_EXERCISE_: Filter the records down to the lines that hold the word "Bufcache", and copy each of those lines.

=== Begin Enclosure ===

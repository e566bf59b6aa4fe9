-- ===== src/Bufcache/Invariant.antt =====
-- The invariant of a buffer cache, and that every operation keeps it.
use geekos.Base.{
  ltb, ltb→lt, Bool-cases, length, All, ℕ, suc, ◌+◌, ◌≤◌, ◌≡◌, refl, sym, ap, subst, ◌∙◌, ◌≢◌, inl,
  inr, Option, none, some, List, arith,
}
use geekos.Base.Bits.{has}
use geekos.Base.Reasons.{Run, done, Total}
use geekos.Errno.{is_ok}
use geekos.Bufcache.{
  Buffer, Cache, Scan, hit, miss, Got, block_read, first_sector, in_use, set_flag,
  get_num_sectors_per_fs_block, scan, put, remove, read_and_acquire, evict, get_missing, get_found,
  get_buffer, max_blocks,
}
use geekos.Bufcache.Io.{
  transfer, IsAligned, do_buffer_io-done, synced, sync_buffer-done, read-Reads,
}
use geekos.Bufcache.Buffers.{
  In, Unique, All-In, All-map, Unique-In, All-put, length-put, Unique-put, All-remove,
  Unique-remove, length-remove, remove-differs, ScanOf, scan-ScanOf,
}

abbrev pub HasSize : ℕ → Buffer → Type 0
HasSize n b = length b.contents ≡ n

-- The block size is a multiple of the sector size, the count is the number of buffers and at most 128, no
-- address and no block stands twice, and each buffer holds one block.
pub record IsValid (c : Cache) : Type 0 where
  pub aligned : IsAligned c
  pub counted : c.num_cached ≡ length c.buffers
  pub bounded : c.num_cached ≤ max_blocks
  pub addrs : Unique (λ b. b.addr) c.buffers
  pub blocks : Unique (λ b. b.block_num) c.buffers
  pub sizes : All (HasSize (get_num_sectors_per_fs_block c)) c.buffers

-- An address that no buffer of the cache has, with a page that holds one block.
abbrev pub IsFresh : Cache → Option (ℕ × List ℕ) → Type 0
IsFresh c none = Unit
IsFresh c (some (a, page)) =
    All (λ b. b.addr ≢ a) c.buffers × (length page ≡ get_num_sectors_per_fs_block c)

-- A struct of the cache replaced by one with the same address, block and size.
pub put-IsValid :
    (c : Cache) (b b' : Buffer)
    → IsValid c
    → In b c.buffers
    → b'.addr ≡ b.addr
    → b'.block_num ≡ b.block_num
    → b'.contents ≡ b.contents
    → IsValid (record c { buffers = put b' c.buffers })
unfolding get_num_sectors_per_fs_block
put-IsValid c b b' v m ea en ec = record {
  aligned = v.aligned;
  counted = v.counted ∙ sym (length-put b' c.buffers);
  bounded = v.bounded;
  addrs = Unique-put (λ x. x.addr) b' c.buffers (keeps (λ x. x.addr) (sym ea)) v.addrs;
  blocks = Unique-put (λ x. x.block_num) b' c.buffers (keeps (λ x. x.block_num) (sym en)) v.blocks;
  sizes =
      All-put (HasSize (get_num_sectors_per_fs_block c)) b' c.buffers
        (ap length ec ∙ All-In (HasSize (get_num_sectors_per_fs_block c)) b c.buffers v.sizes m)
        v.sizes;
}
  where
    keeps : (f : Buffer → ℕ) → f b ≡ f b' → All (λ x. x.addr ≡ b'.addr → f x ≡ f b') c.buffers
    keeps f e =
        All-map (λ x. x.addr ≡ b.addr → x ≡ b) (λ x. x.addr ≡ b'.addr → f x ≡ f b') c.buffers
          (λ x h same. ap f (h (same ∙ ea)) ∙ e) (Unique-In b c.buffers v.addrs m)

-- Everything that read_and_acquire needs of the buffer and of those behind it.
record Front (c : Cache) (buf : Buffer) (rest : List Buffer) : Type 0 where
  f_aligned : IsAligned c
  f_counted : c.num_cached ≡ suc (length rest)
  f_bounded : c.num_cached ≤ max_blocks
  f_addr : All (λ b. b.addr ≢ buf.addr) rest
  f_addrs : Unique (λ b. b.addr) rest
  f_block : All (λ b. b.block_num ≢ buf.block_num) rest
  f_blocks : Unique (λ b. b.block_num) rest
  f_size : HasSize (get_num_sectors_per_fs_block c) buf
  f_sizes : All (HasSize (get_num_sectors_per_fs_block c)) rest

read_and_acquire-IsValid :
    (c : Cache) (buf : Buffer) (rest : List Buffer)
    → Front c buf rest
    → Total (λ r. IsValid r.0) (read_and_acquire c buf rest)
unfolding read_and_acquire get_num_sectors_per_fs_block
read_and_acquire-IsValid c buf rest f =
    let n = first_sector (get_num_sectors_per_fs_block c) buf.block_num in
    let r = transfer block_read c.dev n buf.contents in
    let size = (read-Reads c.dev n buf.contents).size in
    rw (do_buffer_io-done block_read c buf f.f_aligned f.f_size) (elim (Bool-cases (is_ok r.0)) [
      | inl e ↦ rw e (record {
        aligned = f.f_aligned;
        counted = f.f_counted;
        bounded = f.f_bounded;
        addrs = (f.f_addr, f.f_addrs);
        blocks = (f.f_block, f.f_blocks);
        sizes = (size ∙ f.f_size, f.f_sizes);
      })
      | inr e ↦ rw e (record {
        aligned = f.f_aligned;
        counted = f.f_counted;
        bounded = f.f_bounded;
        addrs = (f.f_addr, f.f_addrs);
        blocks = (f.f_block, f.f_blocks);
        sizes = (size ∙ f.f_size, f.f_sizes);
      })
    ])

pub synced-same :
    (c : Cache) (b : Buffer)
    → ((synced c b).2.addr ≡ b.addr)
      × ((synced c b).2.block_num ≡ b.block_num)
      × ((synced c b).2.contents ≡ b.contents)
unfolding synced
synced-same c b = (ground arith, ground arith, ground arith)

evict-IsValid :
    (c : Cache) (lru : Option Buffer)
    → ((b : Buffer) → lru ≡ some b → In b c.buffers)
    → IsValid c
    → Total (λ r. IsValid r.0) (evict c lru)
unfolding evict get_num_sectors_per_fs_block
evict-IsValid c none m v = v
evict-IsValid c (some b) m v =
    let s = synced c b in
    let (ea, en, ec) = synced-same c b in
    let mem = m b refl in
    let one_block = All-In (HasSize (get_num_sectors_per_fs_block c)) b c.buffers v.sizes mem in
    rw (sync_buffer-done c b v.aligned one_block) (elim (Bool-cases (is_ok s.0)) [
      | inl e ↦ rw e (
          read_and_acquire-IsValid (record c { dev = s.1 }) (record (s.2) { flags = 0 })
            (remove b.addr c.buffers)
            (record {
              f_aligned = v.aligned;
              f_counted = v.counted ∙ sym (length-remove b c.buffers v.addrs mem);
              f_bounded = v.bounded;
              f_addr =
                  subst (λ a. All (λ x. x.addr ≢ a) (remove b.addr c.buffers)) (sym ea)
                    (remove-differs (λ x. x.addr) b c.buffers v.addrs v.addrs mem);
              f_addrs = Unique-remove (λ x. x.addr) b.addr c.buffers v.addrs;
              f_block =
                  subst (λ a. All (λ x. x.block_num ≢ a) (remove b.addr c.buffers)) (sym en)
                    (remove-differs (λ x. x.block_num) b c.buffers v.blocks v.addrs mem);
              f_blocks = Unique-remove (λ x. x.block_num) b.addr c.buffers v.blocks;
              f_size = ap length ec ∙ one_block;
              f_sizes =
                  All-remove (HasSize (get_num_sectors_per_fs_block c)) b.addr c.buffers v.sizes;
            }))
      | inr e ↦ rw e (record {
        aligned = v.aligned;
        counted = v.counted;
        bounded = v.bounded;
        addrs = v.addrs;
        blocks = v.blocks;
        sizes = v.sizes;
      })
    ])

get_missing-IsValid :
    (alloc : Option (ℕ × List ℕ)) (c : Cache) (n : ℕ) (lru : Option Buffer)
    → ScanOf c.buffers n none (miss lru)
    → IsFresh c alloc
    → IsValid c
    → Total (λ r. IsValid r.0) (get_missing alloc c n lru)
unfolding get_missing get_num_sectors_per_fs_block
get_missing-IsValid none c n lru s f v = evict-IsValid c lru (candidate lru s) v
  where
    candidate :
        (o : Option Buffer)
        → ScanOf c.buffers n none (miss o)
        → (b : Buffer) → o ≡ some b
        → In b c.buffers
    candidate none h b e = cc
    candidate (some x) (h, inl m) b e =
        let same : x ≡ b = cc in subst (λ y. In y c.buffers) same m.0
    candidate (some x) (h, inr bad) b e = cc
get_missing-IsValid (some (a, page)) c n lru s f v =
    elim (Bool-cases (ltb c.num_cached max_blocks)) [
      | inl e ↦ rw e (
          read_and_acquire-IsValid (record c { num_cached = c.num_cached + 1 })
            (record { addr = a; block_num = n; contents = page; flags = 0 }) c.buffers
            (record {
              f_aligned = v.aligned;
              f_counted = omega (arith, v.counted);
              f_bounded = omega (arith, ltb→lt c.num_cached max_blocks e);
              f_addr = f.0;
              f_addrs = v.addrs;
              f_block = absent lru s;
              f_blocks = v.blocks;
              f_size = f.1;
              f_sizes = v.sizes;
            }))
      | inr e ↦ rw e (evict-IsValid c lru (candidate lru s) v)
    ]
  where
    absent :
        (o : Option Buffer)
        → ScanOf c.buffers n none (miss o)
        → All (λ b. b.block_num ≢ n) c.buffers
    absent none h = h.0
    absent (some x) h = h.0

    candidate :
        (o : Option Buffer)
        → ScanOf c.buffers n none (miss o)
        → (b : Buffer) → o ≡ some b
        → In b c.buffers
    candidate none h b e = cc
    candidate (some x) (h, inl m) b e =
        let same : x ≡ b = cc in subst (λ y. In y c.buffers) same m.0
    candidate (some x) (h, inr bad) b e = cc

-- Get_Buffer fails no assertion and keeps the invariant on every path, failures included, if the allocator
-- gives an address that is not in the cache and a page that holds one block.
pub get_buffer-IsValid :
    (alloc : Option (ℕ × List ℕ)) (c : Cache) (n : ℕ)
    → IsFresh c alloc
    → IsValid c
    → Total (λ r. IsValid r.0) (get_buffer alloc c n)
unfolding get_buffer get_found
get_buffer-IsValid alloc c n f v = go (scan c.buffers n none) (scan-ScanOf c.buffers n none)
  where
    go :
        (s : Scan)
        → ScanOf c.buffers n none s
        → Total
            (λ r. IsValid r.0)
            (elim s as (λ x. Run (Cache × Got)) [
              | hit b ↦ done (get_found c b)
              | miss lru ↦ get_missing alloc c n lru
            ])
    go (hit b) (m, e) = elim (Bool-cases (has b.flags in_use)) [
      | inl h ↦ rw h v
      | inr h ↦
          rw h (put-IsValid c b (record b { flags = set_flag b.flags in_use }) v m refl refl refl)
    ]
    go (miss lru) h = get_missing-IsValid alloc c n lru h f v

=== End Enclosure ===

_OUTPUT BELOW_:
-- ===== src/Bufcache/Invariant.antt =====
use geekos.Bufcache.{
use geekos.Bufcache.Io.{
use geekos.Bufcache.Buffers.{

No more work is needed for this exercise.